This is not a fantastic dream. We see in the ideal mother, father, husband, wife, in the ardent patriot and religious devotee, this sloughing-off of the egoistic nature already accomplished. Love, and joy in service, are not alien to us; they are as instinctive as self-seeking; the hope of ultimate peace lies in the strengthening of these impulses till they so dominate us that we no longer care for the selfish and narrow aims. We must cultivate the masculine aspect of unselfishness, the loyalty of the Greeks, the impulse to stand by and fight for others; and we must cultivate its more feminine side, the caritas of I Corinthians XIII, the love that suffereth long and is kind, the sympathy and tenderness infused into a rough and rugged world by Christianity. In this highest developed life there will then be no dualism of motive; at the top of the ladder of moral progress individual and social goods coincide. It is joy to the righteous to do righteousness; it is the keenest delight in life for the lover of men to serve.

The unselfish impulse has thus a double value; it blesseth him that gives and him that takes. It is more blessed to give than to receive, when the giver has reached the moral level where giving is his greatest joy.

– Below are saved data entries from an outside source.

-- ===== src/Provider/Quiet.antt =====
-- The providers, the table and the queue.
use exchange_rate_quote_serv.Prelude.{Text, List, [], ◌∷◌, ◌++◌, ◌≡◌, refl, All, inl, inr}
use native.Mathlib.Omega.{arith}
use exchange_rate_quote_serv.Errors.{error_text, Result-cases}
use exchange_rate_quote_serv.World.{Env, World, Action, advance}
use exchange_rate_quote_serv.Provider.Http.{
  RatesProvider, ExchangeRateHostProvider, FrankfurterProvider, er_host_get_rate,
  frankfurter_get_rate,
}
use exchange_rate_quote_serv.Provider.Cached.{CachedRatesProviderDecorator, cached_get_rate}
use exchange_rate_quote_serv.Provider.Facade.{facade_from, facade_get_rate}

pub record Quiet {S A : Type 0} (m : Action S A) : Type 0 where
  pub rows : (w : World S) → (m w).1.rows ≡ w.rows
  pub tasks : (w : World S) → (m w).1.tasks ≡ w.tasks

-- A provider that is quiet for every pair.
abbrev pub IsQuiet : {S : Type 0} → RatesProvider S → Type 0
IsQuiet p = (base quote : Text) → Quiet (p base quote)

module _ {S F : Type 0} (env : Env S F) where
  pub er_host_get_rate-Quiet : (p : ExchangeRateHostProvider) → IsQuiet (er_host_get_rate env p)
  unfolding er_host_get_rate
  er_host_get_rate-Quiet p base quote = record {
    rows = λ w. ground arith;
    tasks = λ w. ground arith;
  }

  pub frankfurter_get_rate-Quiet : (p : FrankfurterProvider) → IsQuiet (frankfurter_get_rate env p)
  unfolding frankfurter_get_rate
  frankfurter_get_rate-Quiet p base quote = record {
    rows = λ w. ground arith;
    tasks = λ w. ground arith;
  }

  module _ (p : CachedRatesProviderDecorator) (inner : RatesProvider S)
      (quiet : IsQuiet inner) where
    pub cached_get_rate-Quiet : IsQuiet (cached_get_rate env p inner)
    unfolding cached_get_rate
    cached_get_rate-Quiet base quote = record {
      rows = λ w. ground (arith, (quiet base quote).rows w, (quiet base quote).rows (advance w));
      tasks = λ w. ground (arith, (quiet base quote).tasks w, (quiet base quote).tasks (advance w));
    }

module _ {S : Type 0} where
  abbrev pub AreQuiet : List (RatesProvider S) → Type 0
  AreQuiet ps = All IsQuiet ps

  facade_from-Quiet :
      (errs : List Text) (ps : List (RatesProvider S)) → AreQuiet ps → IsQuiet (facade_from errs ps)
  unfolding facade_from
  facade_from-Quiet errs [] h base quote = record { rows = λ w. refl; tasks = λ w. refl }
  facade_from-Quiet errs (p ∷ ps) (q, qs) base quote = record {
    rows = λ w. elim (Result-cases (p base quote w).0) [
      | inl (rate, e) ↦ ground (arith, (q base quote).rows w)
      | inr (e, failed) ↦
          let rest = (facade_from-Quiet (errs ++ error_text e ∷ []) ps qs base quote).rows in
          ground (arith, (q base quote).rows w, rest (p base quote w).1)
    ];
    tasks = λ w. elim (Result-cases (p base quote w).0) [
      | inl (rate, e) ↦ ground (arith, (q base quote).tasks w)
      | inr (e, failed) ↦
          let rest = (facade_from-Quiet (errs ++ error_text e ∷ []) ps qs base quote).tasks in
          ground (arith, (q base quote).tasks w, rest (p base quote w).1)
    ];
  }

  pub facade_get_rate-Quiet :
      (ps : List (RatesProvider S)) → AreQuiet ps → IsQuiet (facade_get_rate ps)
  unfolding facade_get_rate
  facade_get_rate-Quiet ps h = facade_from-Quiet [] ps h
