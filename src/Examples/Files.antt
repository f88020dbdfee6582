-- ===== src/Examples/Files.antt =====
-- Checkpoints at concrete inputs.
mod Stream
use mathlib.Core.List.{reverse, reverse_aux}
use libcircle.Prelude.{
  ◌≡◌, ◌-◌, ◌+◌, ◌*◌, ◌<◌, ◌≤◌, refl, ℕ, zero, suc, ℤ, pos, true, some, none, List, [], ◌∷◌, arith,
  length, take, All, replicate,
}
use libcircle.C.{ok}
use libcircle.C.Strings.{NoZero}
use libcircle.Queue.{Queue, max_string_len}
use libcircle.Queue.Rep.{Holds}
use libcircle.Checkpoint.{Disk, write, read}
use libcircle.Checkpoint.Save.{lines, write-lines}
use libcircle.Checkpoint.Restore.{NoNewline, IsLine, read-lines, restart}
use libcircle.Checkpoint.Long.{read-cuts}
use libcircle.Examples.Files.Stream.{fgets, fgets-FgetsLaws}
use libcircle.Examples.Sample.{
  machine, letter_a, letter_b, letters, two_items, two_items-Holds, no_items, no_items-Holds,
  no_items-HasRoomFor,
}

abbrev good_disk : Disk
good_disk = record { opens = true; prints = λ k. true; closes = pos 0 }

write-lines_example :
    (q' : Queue) × (write good_disk two_items ≡ ok (q', pos 0, some (lines letters))) × Holds q' []
write-lines_example =
    write-lines good_disk letter_b (letter_a ∷ []) refl (λ k. refl) two_items-Holds

letters-IsLine : All IsLine letters
letters-IsLine = (
  record { no_zero = (omega arith, tt); no_newline = (omega arith, tt); fits = omega arith },
  (record { no_zero = (omega arith, tt); no_newline = (omega arith, tt); fits = omega arith }, tt),
)

read-lines_example :
    (q' : Queue) × (read fgets machine (pos 0) (some no_items) (some (lines letters))
      ≡ ok (some q', pos 0))
    × Holds q' (reverse_aux letters [])
read-lines_example =
    read-lines fgets fgets-FgetsLaws machine (pos 0) letters [] letters-IsLine no_items-Holds
      no_items-HasRoomFor

restart_example :
    (file : List ℕ) × (q1 : Queue) × (q2 : Queue) × (write good_disk two_items
      ≡ ok (q1, pos 0, some file))
    × Holds q1 []
    × (read fgets machine (pos 0) (some no_items) (some file) ≡ ok (some q2, pos 0))
    × Holds q2 (reverse letters)
restart_example =
    restart fgets fgets-FgetsLaws machine good_disk letter_b (letter_a ∷ []) refl (λ k. refl)
      two_items-Holds letters-IsLine no_items-Holds no_items-HasRoomFor

-- The longest string that a push accepts.
longest : List ℕ
longest = replicate 4095 b'x'

repeated-All : (n : ℕ) → (NoZero (replicate n b'x')) × (NoNewline (replicate n b'x'))
repeated-All zero = (tt, tt)
repeated-All (suc n) = let (a, b) = repeated-All n in ((omega arith, a), (omega arith, b))

read-cuts_example :
    (q' : Queue) × (read fgets machine (pos 0) (some no_items) (some (lines (longest ∷ [])))
      ≡ ok (some q', pos 0))
    × Holds q' ([] ∷ take (length longest - 1) longest ∷ [])
unfolding longest
read-cuts_example =
    read-cuts fgets fgets-FgetsLaws machine (pos 0) longest [] (repeated-All 4095).0
      (repeated-All 4095).1 refl no_items-Holds no_items-HasRoomFor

The development of sympathy and the spirit of service in modern times gives great hope that the time will come when men will universally find a rich and satisfying life in ways which bring no harm but only good to others.

H. Spencer, Data of Ethics, chaps. XI-XIV. R. B. Perry, Moral Economy, chap. II, secs. IV, V.; chap. III., secs. v, vi. F. Paulsen, System of Ethics, bk. 11, chap. 1, sec. 6; chap. vi; bk. III, chap. x, sec. 1. Dewey and Tufts, Ethics, chap. XVIII, sec. e. W. K. Clifford, Right and Wrong, On the Scientific Basis of Morals, in Lectures and Essays, vol. 1. R. M. McConnell, Duty of Altruism. B. Russell, Philosophical Essays, chap. 1, sec. v. J. Royce, Prob lem of Christianity, vol. I, chap. III.

CHAPTER XII

OBJECTIONS AND MISUNDERSTANDINGS

HAVING now outlined the eudæmonistic account of morality, we may note certain objections that are commonly raised to it, and certain misunderstandings that constantly

recur.

Do men always act for pleasure or to avoid pain?

Many of the earlier theorists, not content with showing that the good consists ultimately in a quality of conscious states, asserted that all of men's actions are actually directed toward the attainment of agreeable states of experience or avoidance of disagreeable states. There is no act but is aimed for pleasure of some sort or away from pain; men differ, then, only in their wisdom in selecting the more important pleasures and their skill in attaining what they aim for. This assertion, easily refuted, has seemed to some opponents of the eudæmonistic account of morality so bound up with it as to involve its downfall.

The classic statement of this erroneous psychology, which has been the source of much satisfaction to anti-eudæmonistic philosophers, is to be found in the fourth chapter of Mill's Utilitarianism. "There is in reality nothing desired except happiness. Whatever is desired otherwise than as a means to some end beyond itself, and ultimately to happiness, is desired as itself a part of happiness, and is not desired for itself until it has become so. Human nature is so constituted as to desire nothing which is not either a part of happiness or a means to happiness. . . ." A careful reading

of Mill shows that he did not mean these statements without qualification. But since they, and similar sweeping assertions,1 have been a stumbling-block to many, we must pause to note their inaccuracy, while insisting that they are no part of a sound utilitarian, or eudæmonistic, theory.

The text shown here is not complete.